[Stored records]

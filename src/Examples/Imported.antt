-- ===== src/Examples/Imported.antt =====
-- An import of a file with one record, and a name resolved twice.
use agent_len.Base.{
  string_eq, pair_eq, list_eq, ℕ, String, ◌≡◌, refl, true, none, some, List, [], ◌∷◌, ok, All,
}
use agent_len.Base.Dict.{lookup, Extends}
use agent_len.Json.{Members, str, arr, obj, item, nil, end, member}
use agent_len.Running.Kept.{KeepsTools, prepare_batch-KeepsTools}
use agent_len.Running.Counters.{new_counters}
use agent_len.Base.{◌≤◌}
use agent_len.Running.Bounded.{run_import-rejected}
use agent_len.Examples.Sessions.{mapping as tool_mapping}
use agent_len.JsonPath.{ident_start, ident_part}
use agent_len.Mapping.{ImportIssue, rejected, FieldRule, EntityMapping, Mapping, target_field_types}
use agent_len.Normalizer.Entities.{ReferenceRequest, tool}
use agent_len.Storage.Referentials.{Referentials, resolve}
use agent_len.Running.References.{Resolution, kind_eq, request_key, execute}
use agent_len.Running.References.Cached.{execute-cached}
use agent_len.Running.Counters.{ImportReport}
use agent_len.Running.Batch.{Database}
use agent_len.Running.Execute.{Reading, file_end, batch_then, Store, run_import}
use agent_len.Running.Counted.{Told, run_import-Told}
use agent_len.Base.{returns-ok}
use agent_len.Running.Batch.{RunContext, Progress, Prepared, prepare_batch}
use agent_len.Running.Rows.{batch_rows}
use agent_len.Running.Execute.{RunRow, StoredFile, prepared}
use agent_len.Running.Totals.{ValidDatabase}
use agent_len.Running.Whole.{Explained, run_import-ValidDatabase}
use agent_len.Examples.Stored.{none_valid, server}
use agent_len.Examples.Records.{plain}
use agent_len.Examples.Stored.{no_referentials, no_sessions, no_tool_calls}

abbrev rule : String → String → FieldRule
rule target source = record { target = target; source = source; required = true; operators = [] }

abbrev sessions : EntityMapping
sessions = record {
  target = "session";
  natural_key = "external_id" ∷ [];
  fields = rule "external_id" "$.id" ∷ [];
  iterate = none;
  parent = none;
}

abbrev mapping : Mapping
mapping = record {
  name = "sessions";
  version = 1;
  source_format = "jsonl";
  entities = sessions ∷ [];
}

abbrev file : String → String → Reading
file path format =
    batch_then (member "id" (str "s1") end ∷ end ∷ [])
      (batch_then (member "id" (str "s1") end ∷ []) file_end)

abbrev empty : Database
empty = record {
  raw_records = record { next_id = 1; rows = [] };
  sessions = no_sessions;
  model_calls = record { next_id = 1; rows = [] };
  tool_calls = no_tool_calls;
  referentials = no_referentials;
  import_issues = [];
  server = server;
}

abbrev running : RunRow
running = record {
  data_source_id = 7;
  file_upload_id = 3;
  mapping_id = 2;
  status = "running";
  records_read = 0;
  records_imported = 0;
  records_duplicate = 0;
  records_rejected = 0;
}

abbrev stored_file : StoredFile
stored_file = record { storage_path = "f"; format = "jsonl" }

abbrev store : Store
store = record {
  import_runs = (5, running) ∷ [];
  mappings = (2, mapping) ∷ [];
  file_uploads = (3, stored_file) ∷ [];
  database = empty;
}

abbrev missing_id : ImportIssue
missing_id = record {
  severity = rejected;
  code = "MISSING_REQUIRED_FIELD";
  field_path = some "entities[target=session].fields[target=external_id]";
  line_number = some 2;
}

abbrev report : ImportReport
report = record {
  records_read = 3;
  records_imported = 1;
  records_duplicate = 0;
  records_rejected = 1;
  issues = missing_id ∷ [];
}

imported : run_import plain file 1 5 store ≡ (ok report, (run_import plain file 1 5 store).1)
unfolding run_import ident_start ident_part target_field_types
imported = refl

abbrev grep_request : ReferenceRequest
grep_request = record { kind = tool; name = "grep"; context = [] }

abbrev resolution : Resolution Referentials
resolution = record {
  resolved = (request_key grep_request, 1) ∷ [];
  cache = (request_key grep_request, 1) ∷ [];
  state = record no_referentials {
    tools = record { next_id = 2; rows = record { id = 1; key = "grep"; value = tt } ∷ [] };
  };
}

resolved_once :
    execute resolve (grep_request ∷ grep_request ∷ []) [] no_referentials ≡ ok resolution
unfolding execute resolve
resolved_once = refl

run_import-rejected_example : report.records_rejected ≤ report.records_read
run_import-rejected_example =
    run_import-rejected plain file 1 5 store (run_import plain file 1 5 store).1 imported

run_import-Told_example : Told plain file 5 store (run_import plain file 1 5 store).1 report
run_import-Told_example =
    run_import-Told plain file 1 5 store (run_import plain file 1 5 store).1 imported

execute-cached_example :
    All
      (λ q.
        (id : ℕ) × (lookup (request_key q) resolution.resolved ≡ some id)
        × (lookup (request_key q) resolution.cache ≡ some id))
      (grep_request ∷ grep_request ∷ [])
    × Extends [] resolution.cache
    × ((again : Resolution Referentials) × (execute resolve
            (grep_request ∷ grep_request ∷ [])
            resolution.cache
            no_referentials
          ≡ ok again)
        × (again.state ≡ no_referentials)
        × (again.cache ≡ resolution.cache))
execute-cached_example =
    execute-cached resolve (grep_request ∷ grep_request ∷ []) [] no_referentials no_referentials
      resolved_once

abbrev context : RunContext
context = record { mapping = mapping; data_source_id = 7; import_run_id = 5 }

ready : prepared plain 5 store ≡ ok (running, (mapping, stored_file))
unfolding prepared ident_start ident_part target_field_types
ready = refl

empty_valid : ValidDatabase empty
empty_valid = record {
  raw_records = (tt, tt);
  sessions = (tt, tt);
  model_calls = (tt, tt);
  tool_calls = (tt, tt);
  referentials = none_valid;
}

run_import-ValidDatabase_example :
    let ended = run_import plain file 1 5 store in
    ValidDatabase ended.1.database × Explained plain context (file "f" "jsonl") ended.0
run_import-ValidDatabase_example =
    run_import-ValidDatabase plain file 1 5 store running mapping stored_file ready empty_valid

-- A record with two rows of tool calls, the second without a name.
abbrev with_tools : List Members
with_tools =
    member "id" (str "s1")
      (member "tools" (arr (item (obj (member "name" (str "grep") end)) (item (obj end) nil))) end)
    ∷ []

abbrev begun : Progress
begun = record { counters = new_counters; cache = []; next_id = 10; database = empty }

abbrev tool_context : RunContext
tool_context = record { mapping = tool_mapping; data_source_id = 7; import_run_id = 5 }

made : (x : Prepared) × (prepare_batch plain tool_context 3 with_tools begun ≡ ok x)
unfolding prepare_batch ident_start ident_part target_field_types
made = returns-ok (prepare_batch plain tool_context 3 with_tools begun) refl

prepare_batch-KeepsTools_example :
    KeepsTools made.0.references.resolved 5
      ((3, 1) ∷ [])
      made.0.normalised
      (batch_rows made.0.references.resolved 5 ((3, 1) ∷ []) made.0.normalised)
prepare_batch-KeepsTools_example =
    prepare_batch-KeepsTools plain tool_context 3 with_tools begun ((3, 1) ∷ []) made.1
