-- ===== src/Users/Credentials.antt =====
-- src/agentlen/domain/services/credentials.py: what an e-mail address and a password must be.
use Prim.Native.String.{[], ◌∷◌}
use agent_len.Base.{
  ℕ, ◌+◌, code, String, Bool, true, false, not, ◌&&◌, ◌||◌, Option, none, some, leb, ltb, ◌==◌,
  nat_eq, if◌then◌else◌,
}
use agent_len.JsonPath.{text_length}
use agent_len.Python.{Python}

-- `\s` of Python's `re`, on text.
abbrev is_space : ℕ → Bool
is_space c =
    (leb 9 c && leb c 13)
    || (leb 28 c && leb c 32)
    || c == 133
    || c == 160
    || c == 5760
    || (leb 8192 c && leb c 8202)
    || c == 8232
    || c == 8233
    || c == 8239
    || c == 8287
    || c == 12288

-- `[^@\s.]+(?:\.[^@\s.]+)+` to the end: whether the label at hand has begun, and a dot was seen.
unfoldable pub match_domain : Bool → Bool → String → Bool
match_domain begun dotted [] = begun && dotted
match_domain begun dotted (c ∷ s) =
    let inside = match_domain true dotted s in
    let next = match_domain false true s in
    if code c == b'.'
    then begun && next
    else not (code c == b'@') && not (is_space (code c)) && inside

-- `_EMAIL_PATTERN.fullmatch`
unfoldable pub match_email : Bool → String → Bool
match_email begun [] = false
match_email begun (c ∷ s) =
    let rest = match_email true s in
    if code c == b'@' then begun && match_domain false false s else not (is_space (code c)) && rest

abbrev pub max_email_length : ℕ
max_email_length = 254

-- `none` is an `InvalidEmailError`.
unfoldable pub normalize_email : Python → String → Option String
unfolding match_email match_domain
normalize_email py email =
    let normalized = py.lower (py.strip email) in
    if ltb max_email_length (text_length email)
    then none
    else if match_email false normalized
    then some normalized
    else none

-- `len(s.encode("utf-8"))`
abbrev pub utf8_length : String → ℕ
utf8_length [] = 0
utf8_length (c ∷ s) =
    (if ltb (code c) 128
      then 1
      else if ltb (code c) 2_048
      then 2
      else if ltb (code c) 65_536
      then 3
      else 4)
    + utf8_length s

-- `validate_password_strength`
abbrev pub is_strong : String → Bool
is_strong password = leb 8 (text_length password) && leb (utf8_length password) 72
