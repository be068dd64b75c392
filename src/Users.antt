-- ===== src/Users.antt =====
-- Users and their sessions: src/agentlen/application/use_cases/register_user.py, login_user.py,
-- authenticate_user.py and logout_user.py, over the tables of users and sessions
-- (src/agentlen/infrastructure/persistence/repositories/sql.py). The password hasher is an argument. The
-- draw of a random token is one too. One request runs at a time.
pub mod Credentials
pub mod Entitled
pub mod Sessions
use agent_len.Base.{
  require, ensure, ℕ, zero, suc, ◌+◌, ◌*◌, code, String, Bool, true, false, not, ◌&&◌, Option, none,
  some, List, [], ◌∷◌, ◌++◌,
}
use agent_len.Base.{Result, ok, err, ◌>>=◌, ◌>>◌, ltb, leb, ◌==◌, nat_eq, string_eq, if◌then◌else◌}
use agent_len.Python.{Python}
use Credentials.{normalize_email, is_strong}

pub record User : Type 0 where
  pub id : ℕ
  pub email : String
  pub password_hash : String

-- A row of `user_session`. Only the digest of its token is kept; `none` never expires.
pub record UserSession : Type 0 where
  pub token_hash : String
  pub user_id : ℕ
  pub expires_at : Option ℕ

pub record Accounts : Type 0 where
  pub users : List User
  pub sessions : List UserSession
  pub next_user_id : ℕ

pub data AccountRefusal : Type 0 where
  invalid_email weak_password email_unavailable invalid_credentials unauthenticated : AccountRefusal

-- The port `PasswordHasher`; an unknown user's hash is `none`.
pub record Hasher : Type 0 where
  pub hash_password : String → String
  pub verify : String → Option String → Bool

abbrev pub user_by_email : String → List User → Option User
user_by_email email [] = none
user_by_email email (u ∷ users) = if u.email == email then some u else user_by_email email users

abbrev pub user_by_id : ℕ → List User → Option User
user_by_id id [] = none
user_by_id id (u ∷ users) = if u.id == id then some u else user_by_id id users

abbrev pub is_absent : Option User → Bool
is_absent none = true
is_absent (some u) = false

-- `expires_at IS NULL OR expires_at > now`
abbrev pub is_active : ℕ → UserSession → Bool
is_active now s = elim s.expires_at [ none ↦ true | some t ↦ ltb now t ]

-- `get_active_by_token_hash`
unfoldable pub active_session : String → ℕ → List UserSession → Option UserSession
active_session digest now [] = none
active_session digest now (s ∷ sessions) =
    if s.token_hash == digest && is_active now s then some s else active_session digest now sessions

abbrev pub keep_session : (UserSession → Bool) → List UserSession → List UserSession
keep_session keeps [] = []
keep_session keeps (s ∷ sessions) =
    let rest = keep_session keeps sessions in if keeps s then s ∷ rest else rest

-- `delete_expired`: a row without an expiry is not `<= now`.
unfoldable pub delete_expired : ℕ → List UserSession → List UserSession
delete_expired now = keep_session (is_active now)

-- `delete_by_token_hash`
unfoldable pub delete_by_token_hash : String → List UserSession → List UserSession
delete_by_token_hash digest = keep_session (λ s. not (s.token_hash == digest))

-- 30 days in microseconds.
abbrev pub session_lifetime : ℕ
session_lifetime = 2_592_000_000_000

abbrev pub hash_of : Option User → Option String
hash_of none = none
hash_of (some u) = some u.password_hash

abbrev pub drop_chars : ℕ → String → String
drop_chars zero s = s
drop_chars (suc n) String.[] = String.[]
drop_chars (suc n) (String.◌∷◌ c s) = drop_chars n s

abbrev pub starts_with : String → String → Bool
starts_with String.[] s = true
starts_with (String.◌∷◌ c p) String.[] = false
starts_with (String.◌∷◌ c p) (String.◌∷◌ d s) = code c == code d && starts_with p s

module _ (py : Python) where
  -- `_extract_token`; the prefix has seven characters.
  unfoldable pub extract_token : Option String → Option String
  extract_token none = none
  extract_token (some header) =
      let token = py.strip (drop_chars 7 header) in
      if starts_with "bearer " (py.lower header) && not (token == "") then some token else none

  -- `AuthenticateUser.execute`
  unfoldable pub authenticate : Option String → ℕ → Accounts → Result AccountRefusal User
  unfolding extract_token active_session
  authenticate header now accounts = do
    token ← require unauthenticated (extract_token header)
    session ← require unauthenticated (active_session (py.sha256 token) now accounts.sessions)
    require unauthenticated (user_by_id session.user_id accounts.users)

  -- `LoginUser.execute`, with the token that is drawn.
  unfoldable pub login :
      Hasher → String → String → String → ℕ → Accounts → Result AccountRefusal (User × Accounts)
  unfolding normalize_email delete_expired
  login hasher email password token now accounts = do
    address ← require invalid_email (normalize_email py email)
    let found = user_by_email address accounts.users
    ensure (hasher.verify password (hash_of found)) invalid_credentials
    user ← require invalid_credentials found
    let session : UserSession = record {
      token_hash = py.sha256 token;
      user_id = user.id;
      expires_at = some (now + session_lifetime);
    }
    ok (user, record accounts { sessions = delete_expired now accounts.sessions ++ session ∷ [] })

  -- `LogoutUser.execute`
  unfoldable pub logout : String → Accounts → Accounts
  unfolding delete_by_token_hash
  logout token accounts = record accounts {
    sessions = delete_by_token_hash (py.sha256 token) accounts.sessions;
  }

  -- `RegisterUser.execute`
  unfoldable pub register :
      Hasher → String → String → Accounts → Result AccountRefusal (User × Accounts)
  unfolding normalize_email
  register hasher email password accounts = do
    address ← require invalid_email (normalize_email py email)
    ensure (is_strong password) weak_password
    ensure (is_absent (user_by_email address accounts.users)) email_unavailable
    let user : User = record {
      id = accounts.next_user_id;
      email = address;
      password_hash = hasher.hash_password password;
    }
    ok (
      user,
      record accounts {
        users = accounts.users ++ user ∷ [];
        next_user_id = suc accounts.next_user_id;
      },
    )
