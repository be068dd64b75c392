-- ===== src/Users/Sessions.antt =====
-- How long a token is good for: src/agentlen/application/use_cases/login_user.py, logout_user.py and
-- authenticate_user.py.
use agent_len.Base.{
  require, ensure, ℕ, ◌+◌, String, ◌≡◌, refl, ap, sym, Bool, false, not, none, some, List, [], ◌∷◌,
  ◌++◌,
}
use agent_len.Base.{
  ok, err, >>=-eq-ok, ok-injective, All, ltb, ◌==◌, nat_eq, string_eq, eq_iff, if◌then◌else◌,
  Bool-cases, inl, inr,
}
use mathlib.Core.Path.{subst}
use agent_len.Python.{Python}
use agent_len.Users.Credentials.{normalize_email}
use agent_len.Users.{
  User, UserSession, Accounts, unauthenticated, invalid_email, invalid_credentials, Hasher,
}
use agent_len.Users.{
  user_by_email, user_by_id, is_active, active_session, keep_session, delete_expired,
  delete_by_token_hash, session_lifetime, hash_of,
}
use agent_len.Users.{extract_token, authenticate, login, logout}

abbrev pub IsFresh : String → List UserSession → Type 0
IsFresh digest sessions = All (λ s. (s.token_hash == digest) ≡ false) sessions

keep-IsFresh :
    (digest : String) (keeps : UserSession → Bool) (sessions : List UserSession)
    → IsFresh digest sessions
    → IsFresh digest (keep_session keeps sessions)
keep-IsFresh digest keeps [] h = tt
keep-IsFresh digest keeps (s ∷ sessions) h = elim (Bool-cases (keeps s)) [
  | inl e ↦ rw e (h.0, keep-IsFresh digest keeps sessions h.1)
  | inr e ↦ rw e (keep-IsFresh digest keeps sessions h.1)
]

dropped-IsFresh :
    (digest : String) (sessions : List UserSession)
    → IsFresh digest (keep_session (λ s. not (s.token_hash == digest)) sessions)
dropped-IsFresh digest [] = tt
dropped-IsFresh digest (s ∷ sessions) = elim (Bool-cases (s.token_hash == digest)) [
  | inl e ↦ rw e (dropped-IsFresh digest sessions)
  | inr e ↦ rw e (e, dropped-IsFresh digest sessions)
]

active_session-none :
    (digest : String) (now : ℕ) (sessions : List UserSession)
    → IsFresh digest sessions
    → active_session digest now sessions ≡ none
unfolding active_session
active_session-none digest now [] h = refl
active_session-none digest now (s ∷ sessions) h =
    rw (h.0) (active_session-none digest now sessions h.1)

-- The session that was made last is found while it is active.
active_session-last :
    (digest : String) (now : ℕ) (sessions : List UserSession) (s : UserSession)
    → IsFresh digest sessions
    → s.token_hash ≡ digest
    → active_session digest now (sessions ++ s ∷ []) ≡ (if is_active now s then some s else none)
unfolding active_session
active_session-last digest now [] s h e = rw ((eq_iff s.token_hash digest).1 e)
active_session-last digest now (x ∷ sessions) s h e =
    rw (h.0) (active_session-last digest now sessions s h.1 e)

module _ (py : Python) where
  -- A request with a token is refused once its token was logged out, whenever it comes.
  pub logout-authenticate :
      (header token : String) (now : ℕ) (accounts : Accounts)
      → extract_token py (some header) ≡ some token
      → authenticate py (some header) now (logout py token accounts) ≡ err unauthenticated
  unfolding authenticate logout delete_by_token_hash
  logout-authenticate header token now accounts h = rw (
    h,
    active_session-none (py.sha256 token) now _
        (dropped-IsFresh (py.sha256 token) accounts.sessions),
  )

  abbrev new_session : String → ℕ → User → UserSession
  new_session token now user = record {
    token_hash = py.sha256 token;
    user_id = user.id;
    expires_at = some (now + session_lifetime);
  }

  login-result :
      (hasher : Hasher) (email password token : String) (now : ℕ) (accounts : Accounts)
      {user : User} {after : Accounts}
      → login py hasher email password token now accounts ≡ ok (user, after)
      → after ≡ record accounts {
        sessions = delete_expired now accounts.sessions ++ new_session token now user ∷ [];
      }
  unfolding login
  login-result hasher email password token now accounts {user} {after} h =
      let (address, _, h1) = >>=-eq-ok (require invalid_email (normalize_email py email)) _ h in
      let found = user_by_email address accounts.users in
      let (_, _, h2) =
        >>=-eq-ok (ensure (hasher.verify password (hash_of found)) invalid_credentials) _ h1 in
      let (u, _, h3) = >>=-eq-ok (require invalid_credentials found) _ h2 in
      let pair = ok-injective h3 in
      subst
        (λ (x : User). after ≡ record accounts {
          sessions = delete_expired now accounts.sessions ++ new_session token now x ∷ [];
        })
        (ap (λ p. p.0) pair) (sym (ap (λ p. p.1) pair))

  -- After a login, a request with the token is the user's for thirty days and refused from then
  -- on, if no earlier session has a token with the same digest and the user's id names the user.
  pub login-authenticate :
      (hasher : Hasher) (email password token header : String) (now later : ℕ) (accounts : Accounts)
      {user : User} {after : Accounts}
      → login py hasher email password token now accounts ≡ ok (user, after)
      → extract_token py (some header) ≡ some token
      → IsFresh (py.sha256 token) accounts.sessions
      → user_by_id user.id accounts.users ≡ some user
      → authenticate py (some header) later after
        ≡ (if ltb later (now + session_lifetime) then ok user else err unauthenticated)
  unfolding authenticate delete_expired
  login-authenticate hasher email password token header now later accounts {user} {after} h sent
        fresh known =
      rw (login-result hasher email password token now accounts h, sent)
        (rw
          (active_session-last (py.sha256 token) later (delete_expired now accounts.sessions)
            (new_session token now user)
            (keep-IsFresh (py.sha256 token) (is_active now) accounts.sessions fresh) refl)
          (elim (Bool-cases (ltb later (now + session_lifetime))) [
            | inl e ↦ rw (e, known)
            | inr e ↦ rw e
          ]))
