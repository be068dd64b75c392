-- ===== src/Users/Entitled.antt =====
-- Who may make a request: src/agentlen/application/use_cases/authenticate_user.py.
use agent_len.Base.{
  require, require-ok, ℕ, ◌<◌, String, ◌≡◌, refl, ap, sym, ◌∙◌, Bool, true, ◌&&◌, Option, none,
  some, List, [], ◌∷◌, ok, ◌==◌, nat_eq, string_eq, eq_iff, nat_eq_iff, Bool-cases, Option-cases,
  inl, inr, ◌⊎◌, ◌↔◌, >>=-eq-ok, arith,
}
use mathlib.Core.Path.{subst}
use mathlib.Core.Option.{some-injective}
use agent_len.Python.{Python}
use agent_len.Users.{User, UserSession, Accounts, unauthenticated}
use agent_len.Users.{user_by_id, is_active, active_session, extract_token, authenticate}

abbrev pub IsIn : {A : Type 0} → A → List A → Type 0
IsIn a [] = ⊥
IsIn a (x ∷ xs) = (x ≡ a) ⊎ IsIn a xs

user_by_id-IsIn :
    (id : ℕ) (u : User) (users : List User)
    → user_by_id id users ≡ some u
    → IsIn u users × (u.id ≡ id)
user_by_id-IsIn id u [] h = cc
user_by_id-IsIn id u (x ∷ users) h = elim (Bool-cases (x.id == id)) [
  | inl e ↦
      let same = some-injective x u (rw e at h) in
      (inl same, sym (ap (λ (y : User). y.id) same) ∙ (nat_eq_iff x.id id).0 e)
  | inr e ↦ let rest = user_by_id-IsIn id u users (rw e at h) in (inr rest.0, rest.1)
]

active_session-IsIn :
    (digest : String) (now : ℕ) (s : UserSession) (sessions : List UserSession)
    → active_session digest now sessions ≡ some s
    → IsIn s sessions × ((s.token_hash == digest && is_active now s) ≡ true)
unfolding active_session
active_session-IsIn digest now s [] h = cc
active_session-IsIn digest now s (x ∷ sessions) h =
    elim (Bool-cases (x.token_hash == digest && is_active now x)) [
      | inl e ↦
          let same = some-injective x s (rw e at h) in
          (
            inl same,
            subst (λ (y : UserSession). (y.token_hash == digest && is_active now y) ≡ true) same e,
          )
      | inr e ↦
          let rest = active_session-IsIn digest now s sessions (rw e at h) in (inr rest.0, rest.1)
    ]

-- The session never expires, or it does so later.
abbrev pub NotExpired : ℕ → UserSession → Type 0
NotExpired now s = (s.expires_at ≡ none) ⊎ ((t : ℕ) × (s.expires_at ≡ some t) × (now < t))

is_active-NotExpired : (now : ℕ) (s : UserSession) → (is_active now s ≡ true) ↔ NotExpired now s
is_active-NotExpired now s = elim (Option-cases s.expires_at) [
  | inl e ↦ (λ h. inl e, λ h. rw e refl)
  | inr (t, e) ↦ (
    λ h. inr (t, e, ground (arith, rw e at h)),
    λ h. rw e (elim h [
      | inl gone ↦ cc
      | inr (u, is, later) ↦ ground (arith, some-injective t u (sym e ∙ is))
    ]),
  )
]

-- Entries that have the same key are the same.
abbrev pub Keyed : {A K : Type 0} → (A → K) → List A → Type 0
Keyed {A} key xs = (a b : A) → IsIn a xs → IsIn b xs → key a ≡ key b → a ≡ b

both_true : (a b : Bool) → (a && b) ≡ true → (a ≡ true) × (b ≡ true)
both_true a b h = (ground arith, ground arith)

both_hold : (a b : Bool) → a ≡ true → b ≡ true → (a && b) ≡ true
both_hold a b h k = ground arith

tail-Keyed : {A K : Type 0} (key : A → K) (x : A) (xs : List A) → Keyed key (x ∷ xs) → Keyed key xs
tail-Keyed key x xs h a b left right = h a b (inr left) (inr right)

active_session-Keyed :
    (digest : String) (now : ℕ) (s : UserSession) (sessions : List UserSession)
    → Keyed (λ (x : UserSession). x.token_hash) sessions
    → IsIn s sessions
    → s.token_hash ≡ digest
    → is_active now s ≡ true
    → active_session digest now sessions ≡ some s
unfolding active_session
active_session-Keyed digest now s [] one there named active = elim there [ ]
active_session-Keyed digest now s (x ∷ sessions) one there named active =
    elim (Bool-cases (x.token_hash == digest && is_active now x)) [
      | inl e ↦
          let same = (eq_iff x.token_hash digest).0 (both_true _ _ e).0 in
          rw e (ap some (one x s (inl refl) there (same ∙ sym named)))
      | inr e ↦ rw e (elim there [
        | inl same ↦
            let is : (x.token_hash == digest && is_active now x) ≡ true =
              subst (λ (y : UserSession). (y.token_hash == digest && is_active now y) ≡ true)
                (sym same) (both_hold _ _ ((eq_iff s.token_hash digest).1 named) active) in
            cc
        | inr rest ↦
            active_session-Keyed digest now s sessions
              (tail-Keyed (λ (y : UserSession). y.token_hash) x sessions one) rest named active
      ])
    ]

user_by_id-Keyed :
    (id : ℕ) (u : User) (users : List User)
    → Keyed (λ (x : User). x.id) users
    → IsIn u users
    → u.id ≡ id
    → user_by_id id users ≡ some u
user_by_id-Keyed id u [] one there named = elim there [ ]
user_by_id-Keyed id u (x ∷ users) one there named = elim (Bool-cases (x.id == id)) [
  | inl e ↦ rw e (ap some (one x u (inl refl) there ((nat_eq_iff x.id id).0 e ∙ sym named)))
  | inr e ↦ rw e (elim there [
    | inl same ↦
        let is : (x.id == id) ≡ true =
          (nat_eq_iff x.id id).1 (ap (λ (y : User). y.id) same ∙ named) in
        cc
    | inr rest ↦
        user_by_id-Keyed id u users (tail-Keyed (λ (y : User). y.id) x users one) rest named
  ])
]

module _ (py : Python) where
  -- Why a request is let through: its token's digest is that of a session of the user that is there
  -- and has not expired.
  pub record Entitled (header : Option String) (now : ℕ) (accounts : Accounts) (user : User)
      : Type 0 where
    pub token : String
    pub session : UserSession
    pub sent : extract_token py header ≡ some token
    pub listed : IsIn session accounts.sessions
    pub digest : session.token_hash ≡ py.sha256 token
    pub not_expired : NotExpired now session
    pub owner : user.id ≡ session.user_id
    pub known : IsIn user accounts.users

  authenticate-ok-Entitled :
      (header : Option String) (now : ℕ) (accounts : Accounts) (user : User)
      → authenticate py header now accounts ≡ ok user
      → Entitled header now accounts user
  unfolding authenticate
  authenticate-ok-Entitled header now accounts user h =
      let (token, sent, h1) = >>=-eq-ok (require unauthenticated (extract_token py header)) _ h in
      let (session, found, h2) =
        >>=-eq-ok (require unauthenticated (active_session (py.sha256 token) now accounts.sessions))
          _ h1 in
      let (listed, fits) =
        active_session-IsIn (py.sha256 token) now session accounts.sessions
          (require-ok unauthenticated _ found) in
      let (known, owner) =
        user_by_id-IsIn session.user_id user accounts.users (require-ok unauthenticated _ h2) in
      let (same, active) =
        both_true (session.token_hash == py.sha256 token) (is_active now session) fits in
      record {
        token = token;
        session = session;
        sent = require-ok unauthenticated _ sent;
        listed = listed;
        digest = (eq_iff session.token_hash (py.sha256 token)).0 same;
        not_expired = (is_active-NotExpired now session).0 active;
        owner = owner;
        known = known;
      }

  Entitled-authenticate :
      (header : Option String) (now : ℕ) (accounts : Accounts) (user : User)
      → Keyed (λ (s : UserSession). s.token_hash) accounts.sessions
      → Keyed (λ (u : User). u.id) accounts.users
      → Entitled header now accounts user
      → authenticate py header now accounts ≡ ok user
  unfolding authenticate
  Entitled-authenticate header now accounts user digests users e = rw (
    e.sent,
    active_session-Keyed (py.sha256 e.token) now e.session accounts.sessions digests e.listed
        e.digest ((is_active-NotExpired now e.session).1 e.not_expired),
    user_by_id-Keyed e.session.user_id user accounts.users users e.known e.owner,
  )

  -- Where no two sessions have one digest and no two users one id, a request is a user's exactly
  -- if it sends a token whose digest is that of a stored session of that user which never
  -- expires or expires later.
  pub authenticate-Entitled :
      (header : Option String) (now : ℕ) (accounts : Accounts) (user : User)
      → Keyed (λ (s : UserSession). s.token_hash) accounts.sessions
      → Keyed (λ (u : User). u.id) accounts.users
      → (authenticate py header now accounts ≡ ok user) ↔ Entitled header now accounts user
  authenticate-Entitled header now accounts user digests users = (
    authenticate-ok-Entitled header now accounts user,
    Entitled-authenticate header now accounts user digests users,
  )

> Instructions to follow
Above are the records. Copy the lines beginning at the one that has "(u.id ≡ id)" and ending with the one that has "(inl same, sym", unchanged.

> Task answer
    → IsIn u users × (u.id ≡ id)
user_by_id-IsIn id u [] h = cc
user_by_id-IsIn id u (x ∷ users) h = elim (Bool-cases (x.id == id)) [
  | inl e ↦
      let same = some-injective x u (rw e at h) in
      (inl same, sym (ap (λ (y : User). y.id) same) ∙ (nat_eq_iff x.id id).0 e)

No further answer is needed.